Stored data entries:
BEGIN
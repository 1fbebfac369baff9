-- ===== src/Search/Tests.antt =====
-- Four rows of two entries, and one whose id is none.
use nomai.Base.{ℕ, ◌≡◌, refl, Option, none, some, List, [], ◌∷◌, take, map}
use nomai.Core.Sample.{sample}
use nomai.Search.{Ranks, FtsRow, DedupedHit, dedupe_hits, add_rows, add_row, count_match}
use nomai.Search.Hits.{parsed_rows, firsts, summary, dedupe_hits-summary}
use nomai.Text.{Text}

abbrev first_code : Text → Option ℕ
first_code [] = none
first_code (c ∷ s) = some c

abbrev ranks : Ranks sample
ranks = record { parse_ulid = first_code; Rank = ℕ; Score = ℕ; to_score = λ rank. rank }

abbrev row : ℕ → ℕ → ℕ → FtsRow sample ranks
row id block rank = record {
  entry_id = id ∷ [];
  block_id = block ∷ [];
  block_type = [];
  text = block ∷ [];
  rank = rank;
}

abbrev lost_row : FtsRow sample ranks
lost_row = record { entry_id = []; block_id = 9 ∷ []; block_type = []; text = []; rank = 5 }

abbrev found_rows : List (FtsRow sample ranks)
found_rows = row 2 10 9 ∷ lost_row ∷ row 1 11 8 ∷ row 2 12 7 ∷ row 2 13 6 ∷ []

abbrev best_hit : DedupedHit sample ranks
best_hit = record {
  entry_id = 2;
  score = 9;
  match_count = 3;
  matched_block_ids = 10 ∷ 12 ∷ 13 ∷ [];
  best_block_id = 10;
  best_block_type = [];
  best_text = 10 ∷ [];
}

hits_test : dedupe_hits sample ranks found_rows 1 ≡ best_hit ∷ []
unfolding dedupe_hits add_rows add_row count_match
hits_test = refl

dedupe_hits-summary_example :
    dedupe_hits sample ranks found_rows 1
    ≡ take 1 (
        map
          (summary sample ranks (parsed_rows sample ranks found_rows))
          (firsts sample ranks (parsed_rows sample ranks found_rows)))
dedupe_hits-summary_example = dedupe_hits-summary sample ranks found_rows 1
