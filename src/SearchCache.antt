-- ===== src/SearchCache.antt =====
-- crates/daemon/src/search_cache.rs: the cache of search results. An operation takes the cache and
-- returns the new one beside its result; atomic counters wrap around.
pub mod Lookups
pub mod Counters
mod Tests
use nomai.Base.{
  ℕ, ◌+◌, ◌*◌, ◌%◌, ◌^◌, ◌≡◌, refl, Bool, true, false, ◌&&◌, Option, none, some, List, [], ◌∷◌, ltb,
  ◌==◌, if◌then◌else◌, length, take, Result, ok, err,
}
use nomai.Text.{Text, text_eq}

pub data SearchRpc : Type 0 where
  semantic fulltext hybrid : SearchRpc

unfoldable pub same_rpc : SearchRpc → SearchRpc → Bool
same_rpc semantic semantic = true
same_rpc fulltext fulltext = true
same_rpc hybrid hybrid = true
same_rpc _ _ = false

-- A hash is the list of its bytes.
pub record Key : Type 0 where
  pub generation : ℕ
  pub rpc : SearchRpc
  pub query_hash : List ℕ
  pub limit : ℕ
  pub block_type_hash : Option ℕ
  pub tag_hash : Option ℕ
  pub weights_hash : Option ℕ

unfoldable pub same_opt : Option ℕ → Option ℕ → Bool
same_opt none none = true
same_opt (some a) (some b) = a == b
same_opt _ _ = false

unfoldable pub same_key : Key → Key → Bool
same_key k j =
    k.generation == j.generation
    && same_rpc k.rpc j.rpc
    && text_eq k.query_hash j.query_hash
    && k.limit == j.limit
    && same_opt k.block_type_hash j.block_type_hash
    && same_opt k.tag_hash j.tag_hash
    && same_opt k.weights_hash j.weights_hash

-- What the callers compute, their errors, and `blake3::hash`, which comes from another library.
pub record Deps : Type 1 where
  pub Value : Type 0
  pub Error : Type 0
  pub blake3 : Text → List ℕ

-- `u64::from_le_bytes`
abbrev pub from_le_bytes : List ℕ → ℕ
from_le_bytes [] = 0
from_le_bytes (b ∷ bs) = b + 256 * from_le_bytes bs

-- `fetch_add(1)` on an `AtomicU64`
abbrev pub fetch_add : ℕ → ℕ
fetch_add n = (n + 1) % 2 ^ 64

module _ (d : Deps) where
  unfoldable pub hash_opt : Option Text → Option ℕ
  hash_opt none = none
  hash_opt (some s) = some (from_le_bytes (take 8 (d.blake3 s)))

  abbrev pub CachedResults : Type 0
  CachedResults = List d.Value

  pub record SearchCache : Type 0 where
    pub map : List (Key × CachedResults)
    pub generation : ℕ
    pub hits : ℕ
    pub misses : ℕ
    pub semantic_hits : ℕ
    pub semantic_misses : ℕ
    pub fulltext_hits : ℕ
    pub fulltext_misses : ℕ
    pub hybrid_hits : ℕ
    pub hybrid_misses : ℕ

  abbrev pub new : SearchCache
  new = record {
    map = [];
    generation = 0;
    hits = 0;
    misses = 0;
    semantic_hits = 0;
    semantic_misses = 0;
    fulltext_hits = 0;
    fulltext_misses = 0;
    hybrid_hits = 0;
    hybrid_misses = 0;
  }

  unfoldable pub bump_generation : SearchCache → SearchCache
  bump_generation c = record c { generation = fetch_add c.generation }

  unfoldable pub clear : SearchCache → ℕ × SearchCache
  clear c = (length c.map, record c { map = [] })

  -- `DashMap::get` and `DashMap::insert`
  unfoldable pub get : Key → List (Key × CachedResults) → Option CachedResults
  get k [] = none
  get k ((j, r) ∷ m) = if same_key j k then some r else get k m

  unfoldable pub insert :
      Key → CachedResults → List (Key × CachedResults) → List (Key × CachedResults)
  insert k r [] = (k, r) ∷ []
  insert k r ((j, s) ∷ m) =
      let rest = insert k r m in if same_key j k then (j, r) ∷ m else (j, s) ∷ rest

  unfoldable pub bump_counter : SearchRpc → Bool → SearchCache → SearchCache
  bump_counter semantic true c = record c {
    hits = fetch_add c.hits;
    semantic_hits = fetch_add c.semantic_hits;
  }
  bump_counter semantic false c = record c {
    misses = fetch_add c.misses;
    semantic_misses = fetch_add c.semantic_misses;
  }
  bump_counter fulltext true c = record c {
    hits = fetch_add c.hits;
    fulltext_hits = fetch_add c.fulltext_hits;
  }
  bump_counter fulltext false c = record c {
    misses = fetch_add c.misses;
    fulltext_misses = fetch_add c.fulltext_misses;
  }
  bump_counter hybrid true c = record c {
    hits = fetch_add c.hits;
    hybrid_hits = fetch_add c.hybrid_hits;
  }
  bump_counter hybrid false c = record c {
    misses = fetch_add c.misses;
    hybrid_misses = fetch_add c.hybrid_misses;
  }

  -- The arguments of a lookup.
  pub record Request : Type 0 where
    pub rpc : SearchRpc
    pub query : Text
    pub limit : ℕ
    pub block_type : Option Text
    pub tag : Option Text
    pub weights_hash : Option ℕ

  unfoldable pub key_of : SearchCache → Request → Key
  key_of c q = record {
    generation = c.generation;
    rpc = q.rpc;
    query_hash = d.blake3 q.query;
    limit = q.limit;
    block_type_hash = hash_opt q.block_type;
    tag_hash = hash_opt q.tag;
    weights_hash = q.weights_hash;
  }

  -- Step 3 of a lookup. Other calls may run between the computation and this step.
  unfoldable pub store : Key → Result d.Error CachedResults → SearchCache → SearchCache
  store k (ok r) c = record c { map = insert k r c.map }
  store k (err e) c = c

  -- A lookup whose computation, if it is run, ends in `computed`.
  unfoldable pub lookup_or_compute :
      Request
      → Result d.Error CachedResults
      → SearchCache
      → Result d.Error CachedResults × SearchCache
  lookup_or_compute q computed c =
      let k = key_of c q in
      elim (get k c.map) [
        | some r ↦ (ok r, bump_counter q.rpc true c)
        | none ↦ (computed, store k computed (bump_counter q.rpc false c))
      ]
END
# WHAT TO PRODUCE:
Return the lines from the line containing "elim (get k" to the end of the entries above, exactly as they appear and with no other output.

# YOUR RESPONSE:
      elim (get k c.map) [
        | some r ↦ (ok r, bump_counter q.rpc true c)
        | none ↦ (computed, store k computed (bump_counter q.rpc false c))
      ]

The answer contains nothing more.